Después de instaurado el poder fidelista las cosas cambiaron.
Lo
primero que hizo el gobierno de los barbudos fue eliminar en 1962
el deporte profesional, prohibiendo que atletas criollos compitieran
en Estados Unidos, que ya para esa época había decretado
el embargo comercial aún vigente. Muchos en el fondo lo
deseaban, pero para materializarlo tenían que tomar una
decisión drástica: abandonar definitivamente la
Isla. Y por esos años el calificativo de desertor tenía
un término aún más fuerte: la persona era
tildada de traidora y vendepatria.
Esta
realidad no puede opacar otra. El desarrollo del movimiento deportivo
llevado a cabo por las autoridades revolucionarias ha sido positivo,
aunque todas las acciones competitivas estuvieran vinculadas a
intenciones políticas. Lo mismo ocurría en Europa
del Este, en el antiguo campo socialista. Los gobiernos comunistas
veían en la confrontación deportiva una forma para
mostrar la supuesta superioridad de su sistema sobre el capitalismo
y de hecho lo lograron en la antigua URSS y en la RDA. Cuba desarrolló
el deporte con similares patrones, de modo que entre los cacareados
logros de la revolución, junto a la salud y la educación,
figura el deporte. Y al igual que éstos se ha mantenido
como una vitrina sagrada, pura, inviolable.
En
la década de los 90, después de la debacle del socialismo,
la caída del Muro de Berlín y la extinción
de la Unión Soviética, una nueva mentalidad surgió
en una generación de deportistas cubanos. Algo lógico
en un mundo cada vez más globalizado y donde el deporte,
además de espectáculo consituye un gran negocio.
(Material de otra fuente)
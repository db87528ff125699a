-- ===== src/Prelude/Decimal.antt =====
-- `strconv.Itoa`, and the `%d` of `fmt`, for a number that is not negative.
pub mod Reading
use Prim.Native.Nat.{ℕ, zero, suc, compare, Ordering, ◌/◌, ◌%◌, ◌<◌}
use Prim.Native.String.{String}
use mathlib.Core.Path.{◌≡◌, refl}
use native.Mathlib.Omega.{arith}
use aoa_conformance.Prelude.Text.{◌&◌}

abbrev pub digit : ℕ → String
digit zero = "0"
digit (suc zero) = "1"
digit (suc (suc zero)) = "2"
digit (suc (suc (suc zero))) = "3"
digit (suc (suc (suc (suc zero)))) = "4"
digit (suc (suc (suc (suc (suc zero))))) = "5"
digit (suc (suc (suc (suc (suc (suc zero)))))) = "6"
digit (suc (suc (suc (suc (suc (suc (suc zero))))))) = "7"
digit (suc (suc (suc (suc (suc (suc (suc (suc zero)))))))) = "8"
digit _ = "9"

-- On fuel: a round for each digit.
unfoldable pub itoa_fuel : ℕ → ℕ → String
itoa_fuel zero n = ""
itoa_fuel (suc f) n =
    let high = itoa_fuel f (n / 10) in
    elim (compare n 10) [ Ordering.lt ↦ digit n | _ ↦ high & digit (n % 10) ]

unfoldable pub itoa : ℕ → String
unfolding itoa_fuel
itoa n = itoa_fuel (suc n) n

-- More fuel than the number changes nothing, so `itoa` never runs out.
itoa_fuel_enough : (f g n : ℕ) → n < f → n < g → itoa_fuel f n ≡ itoa_fuel g n
unfolding itoa_fuel
itoa_fuel_enough zero g n h k = elim h [ ]
itoa_fuel_enough (suc f) zero n h k = elim k [ ]
itoa_fuel_enough (suc f) (suc g) n h k = ground (arith, itoa_fuel_enough f g (n / 10))

itoa_404 : itoa 404 ≡ "404"
unfolding itoa
itoa_404 = refl
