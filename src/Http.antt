-- ===== src/Http.antt =====
-- probe/http.go: requests, captured responses and forms. The network is a parameter: `send` is
-- what `http.Client.Do` and the read of at most 1 MiB of the body give, in a state `W` of
-- whatever is at the other end; a request that cannot be built is an error of it. Header names are
-- in the canonical spelling that `Set` and `Get` give them, such as Www-Authenticate; the map of an
-- answer's headers is in the order of its rendering.
pub mod Form
pub mod ClientAuth
pub mod Exchange
use aoa_conformance.Prelude.Lists.{length, length-append}
use aoa_conformance.Prelude.{
  ◌+◌, ◌≡◌, refl, arith, ◌++◌, ℕ, String, List, [], ◌∷◌, ◌==◌, if◌then◌else◌,
}
use aoa_conformance.Prelude.Result.{Result, ok, err}
use aoa_conformance.Prelude.Text.{◌&◌, join}
use aoa_conformance.Prelude.Decimal.{itoa}

abbrev pub Headers : Type 0
Headers = List (String × String)

pub record HttpRequest : Type 0 where
  pub method : String
  pub url : String
  pub headers : Headers
  pub body : String

-- The headers of an answer: the values of each name.
abbrev pub ReplyHeaders : Type 0
ReplyHeaders = List (String × List String)

-- What comes back from the network.
pub record HttpReply : Type 0 where
  pub status_code : ℕ
  pub headers : ReplyHeaders
  pub body : String

-- `probe.Response`, without the cache of its JSON.
pub record Response : Type 0 where
  pub status_code : ℕ
  pub headers : ReplyHeaders
  pub body : String
  pub evidence : String

abbrev pub first_header : List String → String
first_header [] = ""
first_header (v ∷ vs) = v

-- `Header.Get`: the first value, or "".
abbrev pub get_header : String → ReplyHeaders → String
get_header key [] = ""
get_header key ((k, vs) ∷ hs) = if k == key then first_header vs else get_header key hs

-- A transport, over the states of the other end; an error is its text.
abbrev pub Transport : Type 0 → Type 0
Transport W = HttpRequest → W → Result String HttpReply × W

-- A call that may send requests.
abbrev pub Call : Type 0 → Type 0 → Type 0
Call W A = W → Result String A × W

header_lines : ReplyHeaders → String
unfolding join
header_lines [] = ""
header_lines ((k, vs) ∷ hs) = k & ": " & join ", " vs & "\n" & header_lines hs

-- The text that `do` renders for offline audit.
render_evidence : String → HttpReply → String
unfolding header_lines
render_evidence req_line r =
    req_line
    & "\n\nHTTP "
    & itoa r.status_code
    & "\n"
    & header_lines r.headers
    & "\n"
    & r.body
    & "\n"

capture : String → HttpReply → Response
unfolding render_evidence
capture req_line r = record {
  status_code = r.status_code;
  headers = r.headers;
  body = r.body;
  evidence = render_evidence req_line r;
}

module _ {W : Type 0} (send : Transport W) where
  captured : String → Result String HttpReply × W → Result String Response × W
  captured req_line (ok r, w) = (ok (capture req_line r), w)
  captured req_line (err e, w) = (err e, w)

  -- `do`
  unfoldable pub perform : HttpRequest → String → Call W Response
  unfolding captured capture
  perform req req_line w = captured req_line (send req w)

  -- `Get`
  unfoldable pub get : String → Call W Response
  unfolding perform
  get u =
      perform
        (record {
          method = "GET";
          url = u;
          headers = ("Accept", "application/json") ∷ [];
          body = "";
        })
        ("GET " & u)

  -- `GetWithHeaders`
  pub get_with_headers : String → Headers → Call W Response
  unfolding perform
  get_with_headers u extra =
      perform
        (record {
          method = "GET";
          url = u;
          headers = ("Accept", "application/json") ∷ extra;
          body = "";
        })
        ("GET " & u)

  get_with_headers-nil : (u : String) (w : W) → get_with_headers u [] w ≡ get u w
  unfolding get_with_headers get
  get_with_headers-nil u w = refl

  -- `PostForm`, on the encoded form.
  unfoldable pub post_form : String → String → Headers → Call W Response
  unfolding perform
  post_form endpoint form extra =
      perform
        (record {
          method = "POST";
          url = endpoint;
          headers =
              ("Content-Type", "application/x-www-form-urlencoded")
              ∷ ("Accept", "application/json")
              ∷ extra;
          body = form;
        })
        ("POST " & endpoint & "\nform: " & form)

-- A transport that records the requests, in front of any server that answers by their history.
abbrev pub recording :
    (List HttpRequest → HttpRequest → Result String HttpReply) → Transport (List HttpRequest)
recording server req log = (server log req, log ++ req ∷ [])

-- A request is recorded once, whatever the answer.
pub length-perform :
    (server : List HttpRequest → HttpRequest → Result String HttpReply) (req : HttpRequest)
    (line : String) (log : List HttpRequest)
    → length (perform (recording server) req line log).1 ≡ length log + 1
unfolding perform
length-perform server req line log = ground (arith, length-append log (req ∷ []))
En la actualidad, los atletas de todo el planeta buscan la forma
de ir a competir donde les pagan más dinero. Un astro como
el brasileño Ronaldo, juega en Italia después de
haber pasado por clubes de Holanda y España. Decenas de
luminarias del béisbol de la cuenca del Caribe juegan en
Grandes Ligas y ganan sueldos millonarios. ¿Acaso se les
puede llamar traidores o vendepatrias por querer competir con
los mejores y ganar dinero?
Los atletas cubanos también desean lidiar con los que clasifican
en los rankings. Ellos quieren medir sus condiciones con los mejores
y, por supuesto, desean recibir salarios de seis ceros. Quisieran
hacerlo como lo puede hacer un africano, un húngaro o un
argentino. Sin verse obligados a abandonar la tierra que los vió
nacer. Pero el gobierno cubano no los autoriza, enarbolando consignas
pasadas y preconizando confusos sentimientos de lealtad a la bandera,
la patria, el socialismo y el pueblo.
El
encartonamiento no les permite a los gobernantes cubanos ver que
ya nada de eso motiva a los atletas, cansados de competir por
puro placer. La mayoría de ellos viven por encima de la
media, es cierto, pero comparado con sus homólogos en cualquier
país, son pobres. Por otra parte, el deporte aficionado
sólo existe para quiénes lo practican en beneficio
de la salud o en competencias escolares, universitarias o de incapacitados.
Hace
rato quedó demostrado que un deportista de alto rendimiento,
que tiene que dedicarle ocho horas o más a su preparación
física, apoyado por médicos, psicólogos,
nutricionistas y entrenadores, pueda desempeñar un oficio
y ser considerado aficionado. En Cuba misma, donde tantos músicos
y artistas sobresalen por su talento, a nadie se le ocurriría
decir, por ejemplo, que Chucho Valdés, Juan Formell, Pablo
Milanés o Jorge Perogurría son aficionados.
Ningún
Estado puede subvencionar el deporte si no es a costa de grandes
sacrificios para sus ciudadanos. Por ello, el deporte es una actividad
profesional y constituye un negocio donde se le exige a sus participantes
que además de exhibir calidad, ofrezcan espectáculo.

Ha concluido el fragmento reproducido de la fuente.